Quenzer v. Advanta Mortgage Corp. (In Re Quenzer)

266 B.R. 760, 2001 Bankr. LEXIS 1155, 2001 WL 1046948
CourtUnited States Bankruptcy Court, D. Kansas
DecidedMay 31, 2001
Docket19-20005
StatusPublished
Cited by15 cases

This text of 266 B.R. 760 (Quenzer v. Advanta Mortgage Corp. (In Re Quenzer)) is published on Counsel Stack Legal Research, covering United States Bankruptcy Court, D. Kansas primary law. Counsel Stack provides free access to over 12 million legal documents including statutes, case law, regulations, and constitutions.

Bluebook
Quenzer v. Advanta Mortgage Corp. (In Re Quenzer), 266 B.R. 760, 2001 Bankr. LEXIS 1155, 2001 WL 1046948 (Kan. 2001).

Opinion

ORDER DETERMINING EFFECT OF RESCISSION UNDER THE TRUTH IN LENDING ACT

JAMES A. PUSATERI, Chief Judge.

This proceeding is before the Court on the debtor-plaintiffs’ motion for summary judgment. The debtors appear by counsel Frederick W. Schwinn. Defendant Advanta Mortgage Corporation, USA, servicing agent for Bankers Trust Company of California (collectively “Advanta”), appears by counsel Michael D. Doering. The third-party complaint is not involved in the present dispute. The Court has reviewed the relevant pleadings and is now ready to rule. Although the parties have mentioned some other issues in their briefs, this order will deal only with the effect of rescission under the Truth in Lending Act, 15 U.S.C.A. §1601 et seq. (“TILA”).

FACTS

The relevant facts are not disputed. In 1997, Advanta’s predecessor loaned the debtors some money, taking a mortgage on their home as security. Part of the loan was used to pay off a loan from another creditor that had been secured by a prior mortgage on the home. The TILA gives borrowers a right to rescind such a loan, ordinarily within three days, and requires the lender to give them notice of that right.
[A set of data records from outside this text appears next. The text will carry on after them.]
-- ===== src/Cluster/Commits.antt =====
-- What `td_fetch_slot_at` and `td_commit_slot_at` (src/cluster.c) do to regions that fit.
use tee_dist.Base.{
  ℕ, ◌+◌, ◌<◌, add64, ◌≡◌, ◌≢◌, sym, ap, ◌∙◌, arith, some, length, set, length-set, u64_mod,
}
use native.Mathlib.Decide.{ℕ_discrete}
use tee_dist.Region.{
  Slot, RegionKind, Region, body_start, body_bytes, kind_slot_count, slot_offset_for_index,
  read_bytes, write_bytes, cas64,
}
use tee_dist.Region.Codec.{SlotFits}
use tee_dist.Region.Access.{IsMapped, swapped}
use tee_dist.Region.Geometry.{LayoutFits, slots_before, slot_in_bounds, slots_disjoint}
use tee_dist.Region.Commit.{slot_at, commit_lem}
use tee_dist.Cluster.Monad.{Cluster, session_header, session_count, ok}
use tee_dist.Cluster.Probe.{fetch_slot_at}
use tee_dist.Cluster.Commit.{commit_slot_at}
use tee_dist.Cluster.Local.{
  World, node, no_region, put_region, put_swapped, local, get_or-set_self, get_or-set_other,
  WorldFits, view,
}

module _ (c : Cluster) (w : World) (fits : WorldFits c w) (session : ℕ)
    (there : session < session_count c) (kind : RegionKind) where
  -- Every slot of the layout can be fetched; fetching changes nothing.
  pub fetch_slot_at-view :
      (i : ℕ)
      → i < kind_slot_count (session_header c session) kind
      → fetch_slot_at local c session kind i w ≡ (ok (view c w session kind i), w)
  unfolding fetch_slot_at slot_at read_bytes
  fetch_slot_at-view i lt =
      let n = fits.nodes session there in
      let off = slot_offset_for_index (session_header c session) kind i in
      let bounds =
        slot_in_bounds (session_header c session) kind i (node w session).mapped_bytes n.layout
          lt in
      let small = n.layout.small in ground arith

-- The two calls of a commit, once it is known what they return.
commit_run :
    (c : Cluster) (w : World) (session : ℕ) (kind : RegionKind) (i : ℕ) (s : Slot)
    (compare seen : ℕ) (r₁ r₂ : Region)
    → session < length w
    → let off = slot_offset_for_index (session_header c session) kind i in
      off + 8 < u64_mod
      → write_bytes (node w session) (off + 8) (body_bytes s) ≡ some r₁
      → cas64 r₁ off compare s.visible_epoch ≡ some (seen, r₂)
      → commit_slot_at local c session kind i s compare w
        ≡ (ok seen, set (set w session r₁) session r₂)
unfolding commit_slot_at put_region put_swapped
commit_run c w session kind i s compare seen r₁ r₂ there small writes swaps =
    let off = slot_offset_for_index (session_header c session) kind i in
    let plain : add64 off body_start ≡ off + 8 = omega arith in
    rw (plain, writes, get_or-set_self w session r₁ no_region there, swaps)

-- The world after the two writes to one node.
module _ (w : World) (session : ℕ) (r₁ r₂ : Region) where
  abbrev world_after : World
  world_after = set (set w session r₁) session r₂

  node_after : session < length w → node world_after session ≡ r₂
  node_after there =
      get_or-set_self (set w session r₁) session r₂ no_region (rw (length-set w session r₁) there)

  node_other : (other : ℕ) → session ≢ other → node world_after other ≡ node w other
  node_other other ne =
      get_or-set_other (set w session r₁) session other r₂ no_region ne
      ∙ get_or-set_other w session other r₁ no_region ne

  world_after-WorldFits :
      (c : Cluster)
      → WorldFits c w
      → session < session_count c
      → IsMapped r₂
      → r₂.mapped_bytes ≡ (node w session).mapped_bytes
      → WorldFits c world_after
  world_after-WorldFits c fits there mapped size = record {
    sessions = length-set (set w session r₁) session r₂ ∙ length-set w session r₁ ∙ fits.sessions;
    nodes = λ i lt. elim (ℕ_discrete session i) [
      | no other ↦ rw (node_other i other) (fits.nodes i lt)
      | yes same ↦
          let here : node world_after i ≡ r₂ =
            ap (node world_after) (sym same) ∙ node_after (rw fits.sessions there) in
          let layout : LayoutFits (session_header c i) (node w i).mapped_bytes =
            (fits.nodes i lt).layout in
          let sized : (node w i).mapped_bytes ≡ r₂.mapped_bytes =
            ap (λ j. (node w j).mapped_bytes) (sym same) ∙ sym size in
          rw here (record { mapped = mapped; layout = rw sized at layout })
    ];
  }

-- What a commit does to one slot.
pub record Committed (c : Cluster) (w w' : World) (session : ℕ) (kind : RegionKind) (i : ℕ)
    (s : Slot) (compare : ℕ) : Type 0 where
  pub fits : WorldFits c w'
  pub stored : view c w' session kind i ≡ record s {
    guard_epoch = swapped (view c w session kind i).guard_epoch compare s.visible_epoch;
  }
  pub kept :
      (k : RegionKind) (j : ℕ)
      → j < kind_slot_count (session_header c session) k
      → slots_before (session_header c session) kind + i
        ≢ slots_before (session_header c session) k + j
      → view c w' session k j ≡ view c w session k j
  pub others : (other : ℕ) → session ≢ other → node w' other ≡ node w other

-- A commit to a slot of the layout returns the guard word that it found. It stores the slot, whose
-- guard word becomes the new epoch if the old one was the expected one and stays otherwise; all
-- other slots, and all other nodes, stay.
pub commit_slot_at-Committed :
    (c : Cluster) (w : World) (session : ℕ) (kind : RegionKind) (i : ℕ) (s : Slot) (compare : ℕ)
    → WorldFits c w
    → session < session_count c
    → i < kind_slot_count (session_header c session) kind
    → SlotFits s
    → (w' : World) × (commit_slot_at local c session kind i s compare w
        ≡ (ok (view c w session kind i).guard_epoch, w'))
      × Committed c w w' session kind i s compare
unfolding commit_slot_at
commit_slot_at-Committed c w session kind i s compare fits there lt sf =
    let h = session_header c session in
    let r = node w session in
    let n = fits.nodes session there in
    let off = slot_offset_for_index h kind i in
    let (behind, inside, aligned) = slot_in_bounds h kind i r.mapped_bytes n.layout lt in
    let (r₁, r₂, writes, swaps, mapped, size, stores, keeps) =
      commit_lem r off s compare n.mapped sf inside aligned in
    let in_world : session < length w = rw fits.sessions there in
    let w' = world_after w session r₁ r₂ in
    let here = node_after w session r₁ r₂ in_world in
    let small = n.layout.small in
    (
      w',
      commit_run c w session kind i s compare _ r₁ r₂ in_world (omega arith) writes swaps,
      record {
        fits = world_after-WorldFits w session r₁ r₂ c fits there mapped size;
        stored = ap (λ x. slot_at x.memory off) here ∙ stores;
        kept = λ k j lj ne.
            ap (λ x. slot_at x.memory (slot_offset_for_index h k j)) here
            ∙ keeps (slot_offset_for_index h k j)
                (slots_disjoint h k kind j i r.mapped_bytes n.layout lj lt (λ e. ne (sym e)));
        others = node_other w session r₁ r₂;
      },
    )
Advanta’s predecessor gave the debtors an incorrect notice, apparently one that would have applied only if the loan had refinanced a prior loan by the predecessor. When the creditor never gives the obligor proper notice of the right to rescind (or other disclosures required by the TILA) and the obligor has not sold the property, the right lasts for three years from the date of consummation of the transaction. 15 U.S.C.A. §1635(f). Advanta concedes the notice given violated the TILA.

The debtors filed a chapter 13 bankruptcy petition on August 5, 1999, and a few days later, notified Advanta that they were exercising their right to rescind the transaction, pursuant to §1635 of the TILA, 15 U.S.C.A. §1635, and the Federal Reserve *763 Board’s regulation implementing the statute, 12 C.F.R. §226.23. Advanta received the debtors’ notice a short time later, but apparently did not take any action during the next twenty days as a result of the notice.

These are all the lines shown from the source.